COBISS.SI-ID: 19367702
In the computation intelligence domain, we connected evolutionary algorithms with artificial neural networks. Thus, the artificial neural network was applied as a local search heuristic to ensemble strategies in differential evolution. Indeed, the strategy of exploring solutions in the search space is affected in ensemble strategies. The results of experiments on CEC-14 benchmark function suite showed that this hybridization additionally improves the performances of the mentioned algorithm.
COBISS.SI-ID: 19305750
Image thresholding is a process for separating interesting objects within an image from their background. An optimal threshold’s selection can be regarded as a single objective optimization problem, where obtaining a solution can be computationally expensive and time-consuming, especially when the number of thresholds increases greatly. This paper proposes a novel hybrid differential evolution algorithm for selecting the optimal threshold values for a given gray-level input image, using the criterion defined by Otsu. The hybridization is done by adding a reset strategy, adopted from the Cuckoo Search, within the evolutionary loop of differential evolution. Additionally a study of different evolutionary or swarm-based intelligence algorithms for the purpose of thresholding, with a higher number of thresholds was performed, since many real-world applications require more than just a few thresholds for further processing.
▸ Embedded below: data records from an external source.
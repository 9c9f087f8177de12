-- ===== src/Chat/Laws/Proof.antt =====
-- What an identity has proven for whom a chat's condition `invitationAccepted` holds.
use go_cell_protocol.Prelude.{
  ◌≡◌, true, refl, ◌&&◌, Option, none, some, str_eq, eq_iff, lookup, is_ok, &&_true, Option-cases,
  Bool-cases, Result, ok, err, inl, inr, sym, ◌∙◌, ap,
}
use mathlib.Core.Path.{subst}
use go_cell_protocol.Identity.{Identity}
use go_cell_protocol.Interop.Chat.{
  ChatInvitationArtifact, ChatInvitationAcceptance, ChatWire, any_options,
}
use go_cell_protocol.Interop.Chat.Laws.{Answers, Invites, verify_chat_invitation_sound}
use go_cell_protocol.Chat.{ChatPerson, ChatInvitation, Consumption, ChatCell, ChatEnv}
use go_cell_protocol.Chat.People.{matches}
use go_cell_protocol.Chat.Admission.{
  member_for, accepted_person, accepted_by_proof, proof_of, admission_condition_holds,
}
use go_cell_protocol.Chat.Laws.Sound.{Sound}
use go_cell_protocol.Chat.Laws.Ledger.{some_injective}
use go_cell_protocol.Chat.Laws.Life.{Reachable, Reachable-Sound}

-- An accepted record of an identity, whose invitation its key accepted, is open, and was consumed
-- so.
pub record HasProven (w : ChatWire) (e : ChatEnv) (c : ChatCell) (requester : Identity)
    : Type 0 where
  pub invitation : ChatInvitation
  pub recorded : lookup requester.uuid c.invitations ≡ some invitation
  pub is_accepted : invitation.status ≡ "accepted"
  pub is_person : matches e invitation.person (some requester) ≡ true
  pub artifact : ChatInvitationArtifact
  pub acceptance : ChatInvitationAcceptance
  pub row : Consumption
  pub has_artifact : invitation.artifact ≡ some artifact
  pub has_acceptance : invitation.acceptance ≡ some acceptance
  pub invited : artifact.invited_identity.uuid ≡ requester.uuid
  pub answers : Answers w acceptance artifact
  pub invites : Invites e.wire artifact e.env.now
  pub consumed : lookup artifact.invitation_id c.consumed ≡ some row
  pub by_it : row.acceptance_id ≡ acceptance.acceptance_id

module _ (e : ChatEnv) (c : ChatCell) where
  matches_uuid :
      (p : ChatPerson) (requester : Identity)
      → matches e p (some requester) ≡ true
      → requester.uuid ≡ p.uuid
  unfolding matches
  matches_uuid p requester h = elim (Option-cases p.descriptor) [
    | inl n ↦ absurd (let q = (rw (n, matches) at h) in cc)
    | inr (d, n) ↦ (eq_iff _ _).0 (&&_true _ _ ((rw (n, matches) at h))).0
  ]

  member_uuid :
      (requester : Identity) (p : ChatPerson)
      → member_for e c (some requester) ≡ some p
      → requester.uuid ≡ p.uuid
  unfolding member_for
  member_uuid requester p h = named (lookup requester.uuid c.invitations) h
    where
      named :
          (o : Option ChatInvitation)
          → accepted_person e (some requester) o ≡ some p
          → requester.uuid ≡ p.uuid
      named none h = absurd (cc)
      named (some r) h =
          elim (Bool-cases (str_eq r.status "accepted" && matches e r.person (some requester))) [
            | inl y ↦
                matches_uuid r.person requester (&&_true _ _ y).1
                ∙ ap (λ q. q.uuid) (some_injective ((rw y at h)))
            | inr n ↦ absurd (let q = (rw n at h) in cc)
          ]

  holds_parts :
      (requester : Identity)
      → admission_condition_holds e c "invitationAccepted" (some requester) ≡ true
      → proof_of e c (lookup requester.uuid c.invitations) ≡ true
  unfolding admission_condition_holds
  holds_parts requester h = elim (Option-cases (member_for e c (some requester))) [
    | inl n ↦ absurd (let q = (rw (n, admission_condition_holds) at h) in cc)
    | inr (p, n) ↦
        subst (λ u. proof_of e c (lookup u c.invitations) ≡ true) (sym (member_uuid requester p n))
          (rw (n, admission_condition_holds) at h)
  ]

  -- The record of an identity for whom the condition holds is accepted, and is its own.
  accepted_member :
      (requester : Identity) (r : ChatInvitation)
      → lookup requester.uuid c.invitations ≡ some r
      → admission_condition_holds e c "invitationAccepted" (some requester) ≡ true
      → (r.status ≡ "accepted") × (matches e r.person (some requester) ≡ true)
  unfolding admission_condition_holds member_for
  accepted_member requester r found h =
      elim (Bool-cases (str_eq r.status "accepted" && matches e r.person (some requester))) [
        | inl y ↦ let (status, key) = &&_true _ _ y in ((eq_iff _ _).0 status, key)
        | inr n ↦ absurd (let q = (rw (member_for, found, n, admission_condition_holds) at h) in cc)
      ]

  consumed_row :
      (a : ChatInvitationArtifact) (b : ChatInvitationAcceptance)
      → accepted_by_proof e c (some a) (some b) ≡ true
      → Invites e.wire a e.env.now
        × ((row : Consumption) × (lookup a.invitation_id c.consumed ≡ some row)
            × (row.acceptance_id ≡ b.acceptance_id))
  consumed_row a b h = elim (Option-cases (lookup a.invitation_id c.consumed)) [
    | inl n ↦ absurd (let q = (rw (n, accepted_by_proof) at h) in cc)
    | inr (row, n) ↦
        let (same, verified) = &&_true _ _ ((rw (n, accepted_by_proof) at h)) in
        (
          (verify_chat_invitation_sound e.wire a e.env.now any_options (passes _ verified)).0,
          (row, n, (eq_iff _ _).0 same),
        )
  ]
    where
      passes : (r : Result (Unit {0})) → is_ok r ≡ true → r ≡ ok tt
      passes (ok x) h = refl
      passes (err x) h = absurd (cc)

  proof_parts :
      (w : ChatWire) (requester : Identity) (r : ChatInvitation)
      → Sound w c
      → lookup requester.uuid c.invitations ≡ some r
      → (r.status ≡ "accepted") × (matches e r.person (some requester) ≡ true)
      → (o : Option ChatInvitationArtifact) (p : Option ChatInvitationAcceptance) → r.artifact ≡ o
      → r.acceptance ≡ p
      → accepted_by_proof e c o p ≡ true
      → HasProven w e c requester
  proof_parts w requester r s found member none p i j h = absurd (cc)
  proof_parts w requester r s found member (some a) none i j h = absurd (cc)
  proof_parts w requester r s found member (some a) (some b) i j h =
      let taken = s.taken requester.uuid r found b j in
      let same : taken.artifact ≡ a = some_injective (sym taken.is_artifact ∙ i) in
      let (invites, (row, consumed, by_it)) = consumed_row a b h in
      record {
        invitation = r;
        recorded = found;
        is_accepted = member.0;
        is_person = member.1;
        has_artifact = i;
        has_acceptance = j;
        artifact = a;
        acceptance = b;
        row = row;
        invited = sym (ap (λ x. x.invited_identity.uuid) same) ∙ taken.invited;
        answers = subst (Answers w b) same taken.answers;
        invites = invites;
        consumed = consumed;
        by_it = by_it;
      }

-- In a chat that calls have brought about, the condition `invitationAccepted` holds for an
-- identity only if the chat's record for its UUID has the status `accepted` and its key, and holds
-- both an invitation of the UUID, which is signed by its inviter and open now, and an acceptance
-- that the invited key signed over that invitation, and the ledger says that this acceptance
-- consumed it.
pub admission-HasProven :
    {w : ChatWire} (e : ChatEnv) (c : ChatCell) (requester : Identity)
    → Reachable w c
    → admission_condition_holds e c "invitationAccepted" (some requester) ≡ true
    → HasProven w e c requester
admission-HasProven {w} e c requester reached h =
    let proof = holds_parts e c requester h in
    elim (Option-cases (lookup requester.uuid c.invitations)) [
      | inl n ↦ absurd (let q = (rw n at proof) in cc)
      | inr (r, n) ↦
          proof_parts e c w requester r (Reachable-Sound reached) n
            (accepted_member e c requester r n h) r.artifact r.acceptance refl refl (rw n at proof)
    ]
Experiments were performed on eleven real world images. The efficiency of the hybrid was compared to the Cuckoo Search and self-adaptive differential evolution, the original differential evolution, particle swarm optimization, and artificial bee colony where the results showed the superiority of the hybrid in terms of better segmentation results with the increased number of thresholds. Since the proposed method needs only two adjusted parameters, it is by far a better choice for real-life applications.